Pitsavos Christos H, Chrysohoou Christina, Panagiotakos Demosthenes B, Kokkinos Peter, Skoumas John, Papaioannou Ioanna, Michaelides Andreas P, Singh Steven, Stefanadis Christodoulos I
First Cardiology Department, School of Medicine, University of Athens, Greece.
Atherosclerosis. 2004 Apr;173(2):347-52. doi: 10.1016/j.atherosclerosis.2003.12.027.
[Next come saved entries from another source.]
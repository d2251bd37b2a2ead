-- ===== src/Routes/Zones.antt =====
-- app/routes/zones.py: the routes that change the database, the validation and the exports of a zone.
pub mod Requests
pub mod Records
pub mod Creating
pub mod Reverse
pub mod Validate
pub mod Exchange
pub mod Dispatch
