-- ===== src/ZoneSigning/Groups.antt =====
-- The RRsets of a zone, as `sign_zone` of app/dnscore/zonesigning.py collects them: dictionaries from
-- (name, rtype) to the rows, and from a name to the set of its types.
use nova_dns.Prelude.{
  ℕ, ◌+◌, ◌≡◌, refl, arith, length, Bool, ◌&&◌, ◌||◌, Option, none, some, List, [], ◌∷◌, ◌++◌,
  String, map, if◌then◌else◌,
}
use nova_dns.Prelude.Int.{pos}
use nova_dns.Dict
use nova_dns.Text.{Text, text_eq, dot}
use nova_dns.Wire.Types.{codes}
use nova_dns.Wire.Rdata.{num, text, Value}
use nova_dns.Db.{Zone, Row, exists}

-- what is read of a row that is signed
pub record Item : Type 0 where
  pub ttl : Option ℕ
  pub data_json : Value

pub item_of : Row → Item
item_of r = record { ttl = r.ttl; data_json = r.data_json }

-- a query for one row gives None where there is none
unfoldable pub found_item : Option Row → Option Item
unfolding item_of
found_item none = none
found_item (some r) = some (item_of r)

unfoldable pub pair_eq : Text × Text → Text × Text → Bool
unfolding text_eq
pair_eq (a, b) (c, d) = text_eq a c && text_eq b d

abbrev pub Groups : Type 0
Groups = List ((Text × Text) × List (Option Item))

abbrev pub TypesByName : Type 0
TypesByName = List (Text × List Text)

abbrev is_type : Text → String → Bool
is_type rtype name = text_eq rtype (codes name)

-- rtype IN ('RRSIG','NSEC','NSEC3','NSEC3PARAM')
unfoldable pub is_denial_type : Text → Bool
unfolding text_eq
is_denial_type rtype =
    is_type rtype "RRSIG"
    || is_type rtype "NSEC"
    || is_type rtype "NSEC3"
    || is_type rtype "NSEC3PARAM"

-- the types that signing makes itself
unfoldable pub is_dnssec_type : Text → Bool
unfolding is_denial_type text_eq
is_dnssec_type rtype = is_type rtype "DNSKEY" || is_denial_type rtype

-- groups.setdefault(key, []).append(row)
unfoldable pub add_to_group : Text × Text → Option Item → Groups → Groups
unfolding pair_eq Dict.get Dict.put
add_to_group key row groups = elim (Dict.get pair_eq key groups) [
  | none ↦ Dict.put pair_eq key (row ∷ []) groups
  | some rows ↦ Dict.put pair_eq key (rows ++ row ∷ []) groups
]

-- types.add(rtype)
unfoldable pub add_type : Text → List Text → List Text
unfolding exists text_eq
add_type rtype types = if exists (text_eq rtype) types then types else types ++ rtype ∷ []

-- types_by_name.setdefault(name, set()).add(rtype)
unfoldable pub add_type_of : Text → Text → TypesByName → TypesByName
unfolding add_type Dict.get Dict.put text_eq
add_type_of name rtype types = elim (Dict.get text_eq name types) [
  | none ↦ Dict.put text_eq name (rtype ∷ []) types
  | some ts ↦ Dict.put text_eq name (add_type rtype ts) types
]

-- for r in records: groups…, types_by_name…
unfoldable pub grouped : List Row → Groups → Groups
unfolding add_to_group item_of
grouped [] groups = groups
grouped (r ∷ rows) groups = grouped rows (add_to_group (r.name, r.rtype) (some (item_of r)) groups)

unfoldable pub types_of : List Row → TypesByName → TypesByName
unfolding add_type_of
types_of [] types = types
types_of (r ∷ rows) types = types_of rows (add_type_of r.name r.rtype types)

-- `x or default` on a nullable text
unfoldable pub text_or : Option Text → Text → Text
text_or none default = default
text_or (some []) default = default
text_or (some (c ∷ s)) default = c ∷ s

-- the SOA record, which lives in the zones table
unfoldable pub soa_value : Zone → Text → Value
unfolding text_or
soa_value zone zone_name =
    ("mname", text (text_or zone.soa_mname (codes "ns1." ++ (zone_name ++ dot ∷ []))))
    ∷ ("rname", text (text_or zone.soa_rname (codes "admin." ++ (zone_name ++ dot ∷ []))))
    ∷ ("serial", num (pos zone.soa_serial))
    ∷ ("refresh", num (pos zone.soa_refresh))
    ∷ ("retry", num (pos zone.soa_retry))
    ∷ ("expire", num (pos zone.soa_expire))
    ∷ ("minimum", num (pos zone.soa_minimum))
    ∷ []

-- each entry with the one behind it, the last one with the first: `entries[(i + 1) % n]`
with_next {ℓ} : {A : Type ℓ} → A → A → List A → List (A × A)
with_next first x [] = (x, first) ∷ []
with_next first x (y ∷ ys) = (x, y) ∷ with_next first y ys

unfoldable pub ring {ℓ} : {A : Type ℓ} → List A → List (A × A)
unfolding with_next
ring [] = []
ring (x ∷ xs) = with_next x x xs

length-with_next {ℓ} :
    {A : Type ℓ} (first x : A) (xs : List A) → length (with_next first x xs) ≡ length xs + 1
unfolding with_next
length-with_next first x [] = omega arith
length-with_next first x (y ∷ ys) = omega (arith, length-with_next first y ys)

pub length-ring {ℓ} : {A : Type ℓ} (xs : List A) → length (ring xs) ≡ length xs
unfolding ring
length-ring [] = refl
length-ring (x ∷ xs) = omega (arith, length-with_next x x xs)

-- types_by_name[name]
unfoldable pub types_at : Text → TypesByName → List Text
unfolding Dict.get text_eq
types_at name types = elim (Dict.get text_eq name types) [ none ↦ [] | some ts ↦ ts ]

-- list(types_by_name)
unfoldable pub names_of : TypesByName → List Text
names_of = map (λ e. e.0)
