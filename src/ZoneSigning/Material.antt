-- ===== src/ZoneSigning/Material.antt =====
-- What `sign_zone` of app/dnscore/zonesigning.py computes before it writes: the data of the DNSKEY
-- and NSEC3PARAM records, the hashed names, and the encoded records of a set.
use nova_dns.Prelude.{
  ℕ, Option, none, some, List, [], ◌∷◌, ◌++◌, length, Result, ok, err, dns_error, ◌>>=◌,
}
use nova_dns.Prelude.Int.{pos}
use nova_dns.Text.{Text}
use nova_dns.Wire.Name.{Bytes}
use nova_dns.Wire.Bytes.{pack8, pack16, hex, from_hex}
use nova_dns.Wire.Rdata.{Codec}
use nova_dns.Wire.Rdata.Encode.{encode_rdata}
use nova_dns.Db.{KeyRow}
use nova_dns.Dnssec.Names.{nsec3_hash, salt_bytes}
use nova_dns.ZoneSigning.{owner_fqdn}
use nova_dns.ZoneSigning.Groups.{Item}

unfoldable pub dnskey_rdata_hex : KeyRow → Result Text
unfolding pack16 pack8 from_hex hex
dnskey_rdata_hex key = do
  b1 ← pack16 (pos key.flags)
  b2 ← pack8 (pos 3)
  b3 ← pack8 (pos key.algorithm)
  public ← from_hex key.public_key_hex
  ok (hex (b1 ++ (b2 ++ (b3 ++ public))))

-- the NSEC3PARAM record's data, in hex
unfoldable pub nsec3param_hex : Text → ℕ → Result Text
unfolding salt_bytes pack8 pack16 hex
nsec3param_hex salt iterations = do
  bytes ← salt_bytes salt
  b1 ← pack8 (pos 1)
  b2 ← pack8 (pos 0)
  b3 ← pack16 (pos iterations)
  b4 ← pack8 (pos (length bytes))
  ok (hex (b1 ++ (b2 ++ (b3 ++ b4))) ++ salt)

-- each name with the hash of its full name
unfoldable pub hash_names :
    (Bytes → Bytes)
    → (Text → Option Bytes)
    → Text
    → Text
    → ℕ
    → List Text
    → Result (List (Text × Text))
unfolding nsec3_hash owner_fqdn
hash_names sha1 idna zone_name salt iterations [] = ok []
hash_names sha1 idna zone_name salt iterations (name ∷ names) = do
  hash ← nsec3_hash sha1 idna (owner_fqdn zone_name name) salt iterations
  rest ← hash_names sha1 idna zone_name salt iterations names
  ok ((name, hash) ∷ rest)

-- [r for r in rows if r is not None]
unfoldable pub present : List (Option Item) → List Item
present [] = []
present (none ∷ rows) = present rows
present (some item ∷ rows) = item ∷ present rows

-- `except wire.DNSError: continue`, which catches no other exception
keep_encoded : Result Bytes → Result (List Bytes) → Result (List Bytes)
keep_encoded (ok bytes) rest = rest >>= λ more. ok (bytes ∷ more)
keep_encoded (err dns_error) rest = rest
keep_encoded (err other) rest = err other

unfoldable pub rdatas_of : Codec → Text → List Item → Result (List Bytes)
unfolding keep_encoded encode_rdata
rdatas_of codec rtype [] = ok []
rdatas_of codec rtype (item ∷ items) =
    keep_encoded (encode_rdata codec rtype item.data_json) (rdatas_of codec rtype items)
Several clinical and observational studies have established that exercise capacity and activity status are strong predictors of cardiovascular and overall mortality. We aimed to evaluate the relationship between exercise tolerance test (ETT) indices and occurrence of coronary heart disease (CHD), in patients with heterozygous Familial Hypercholesterolemia (eFH).
During 1987-1997, we enrolled 639 cardiovascular disease-free patients with heterozygous eFH; 58 (9%) patients were excluded since they had a positive ETT. A fatal or non-fatal CHD event was the end point. Cox proportional hazards models were applied to evaluate the association between the investigated outcome and ETT indices.
During the follow-up (1987-2002), 53 (18%) men and 34 (10%) women developed a CHD event (11 were fatal). The age-adjusted event rate was 87 events per 2915 person-years (3%). Statistical analysis revealed that exercise capacity (hazard ratio = 0.82, P < 0.001), heart rate recovery at 1 min (hazard ratio = 0.91, P < 0.05), and peak pulse pressure levels (hazard ratio = 1.03, P < 0.001), were predictors of CHD, after controlling for several potential confounders.
Decreased exercise capacity, a delayed decrease in heart rate during the first minute of graded exercise, and increased peak pulse pressure are strong predictors of coronary events in patients with eFH. Physical activity should be strongly recommended in these patients.
多项临床和观察性研究已证实,运动能力和活动状态是心血管疾病及全因死亡率的有力预测指标。我们旨在评估杂合子家族性高胆固醇血症(eFH)患者运动耐量试验(ETT)指标与冠心病(CHD)发生之间的关系。
在1987年至1997年期间,我们纳入了639例无心血管疾病的杂合子eFH患者;其中58例(9%)患者因ETT结果呈阳性而被排除。以致命或非致命的CHD事件作为终点。应用Cox比例风险模型评估所研究结局与ETT指标之间的关联。
在随访期间(1987年至2002年),53例(18%)男性和34例(10%)女性发生了CHD事件(11例为致命事件)。年龄调整后的事件发生率为每2915人年87例事件(3%)。统计分析显示,在控制了多个潜在混杂因素后,运动能力(风险比=0.82,P<0.001)、运动后1分钟心率恢复情况(风险比=0.91,P<0.05)以及峰值脉压水平(风险比=1.